Stored data entries
"""

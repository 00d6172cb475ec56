-- ===== src/RwLock/Tally.antt =====
-- Sums over the threads of a lock, and how a change of one thread changes them.
use libblocxx_deb.Prelude.{
  ℕ, zero, suc, ◌+◌, ◌≤◌, ◌≡◌, ◌≢◌, refl, ap, some, List, [], ◌∷◌, map, arith, get_elem?, set,
}

module _ {ℓ} {A : Type ℓ} where
  abbrev pub tally : (A → ℕ) → List A → ℕ
  tally f [] = 0
  tally f (t ∷ ts) = f t + tally f ts

  pub tally-set :
      (f : A → ℕ) (ts : List A) (i : ℕ) (t u : A)
      → get_elem? ts i ≡ some t
      → tally f (set ts i u) + f t ≡ tally f ts + f u
  tally-set f [] i t u h = ground arith
  tally-set f (x ∷ ts) zero t u h = ground arith
  tally-set f (x ∷ ts) (suc i) t u h = ground (arith, tally-set f ts i t u h)

  pub tally-map :
      (f : A → ℕ) (g : A → A) (ts : List A)
      → ((t : A) → f (g t) ≡ f t)
      → tally f (map g ts) ≡ tally f ts
  tally-map f g [] h = refl
  tally-map f g (t ∷ ts) h = ground (arith, h t, tally-map f g ts h)

  pub tally_member :
      (f : A → ℕ) (ts : List A) (i : ℕ) (t : A) → get_elem? ts i ≡ some t → f t ≤ tally f ts
  tally_member f [] i t h = ground arith
  tally_member f (x ∷ ts) zero t h = ground arith
  tally_member f (x ∷ ts) (suc i) t h = ground (arith, tally_member f ts i t h)

  pub tally_two :
      (f : A → ℕ) (ts : List A) (i j : ℕ) (t u : A)
      → i ≢ j
      → get_elem? ts i ≡ some t
      → get_elem? ts j ≡ some u
      → f t + f u ≤ tally f ts
  tally_two f [] i j t u n g h = ground arith
  tally_two f (x ∷ ts) zero zero t u n g h = absurd (n refl)
  tally_two f (x ∷ ts) zero (suc j) t u n g h = ground (arith, tally_member f ts j u h)
  tally_two f (x ∷ ts) (suc i) zero t u n g h = ground (arith, tally_member f ts i t g)
  tally_two f (x ∷ ts) (suc i) (suc j) t u n g h =
      ground (arith, tally_two f ts i j t u (λ e. n (ap suc e)) g h)

  pub tally_none :
      (f : A → ℕ) (ts : List A)
      → ((j : ℕ) (u : A) → get_elem? ts j ≡ some u → f u ≡ 0)
      → tally f ts ≡ 0
  tally_none f [] h = refl
  tally_none f (x ∷ ts) h = ground (arith, h 0 x refl, tally_none f ts (λ j u e. h (suc j) u e))

  -- Where the others count nothing, the sum is what one counts.
  pub tally_only :
      (f : A → ℕ) (ts : List A) (i : ℕ) (t : A)
      → get_elem? ts i ≡ some t
      → ((j : ℕ) (u : A) → j ≢ i → get_elem? ts j ≡ some u → f u ≡ 0)
      → tally f ts ≡ f t
  tally_only f [] i t g h = ground arith
  tally_only f (x ∷ ts) zero t g h =
      ground (arith, tally_none f ts (λ j u e. h (suc j) u (λ p. absurd (omega arith)) e))
  tally_only f (x ∷ ts) (suc i) t g h = ground (
    arith,
    h 0 x (λ p. absurd (omega arith)) refl,
    tally_only f ts i t g (λ j u n e. h (suc j) u (λ p. n (omega arith)) e),
  )

  pub get_elem?-set_at :
      (ts : List A) (i : ℕ) (t u : A) → get_elem? ts i ≡ some t → get_elem? (set ts i u) i ≡ some u
  get_elem?-set_at [] i t u h = ground arith
  get_elem?-set_at (x ∷ ts) zero t u h = refl
  get_elem?-set_at (x ∷ ts) (suc i) t u h = get_elem?-set_at ts i t u h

"""

Return every line of the data above in which "zero" appears.

  ℕ, zero, suc, ◌+◌, ◌≤◌, ◌≡◌, ◌≢◌, refl, ap, some, List, [], ◌∷◌, map, arith, get_elem?, set,
  tally-set f (x ∷ ts) zero t u h = ground arith
  tally_member f (x ∷ ts) zero t h = ground arith
  tally_two f (x ∷ ts) zero zero t u n g h = absurd (n refl)
  tally_two f (x ∷ ts) zero (suc j) t u n g h = ground (arith, tally_member f ts j u h)
  tally_two f (x ∷ ts) (suc i) zero t u n g h = ground (arith, tally_member f ts i t g)
  tally_only f (x ∷ ts) zero t g h =
  get_elem?-set_at (x ∷ ts) zero t u h = refl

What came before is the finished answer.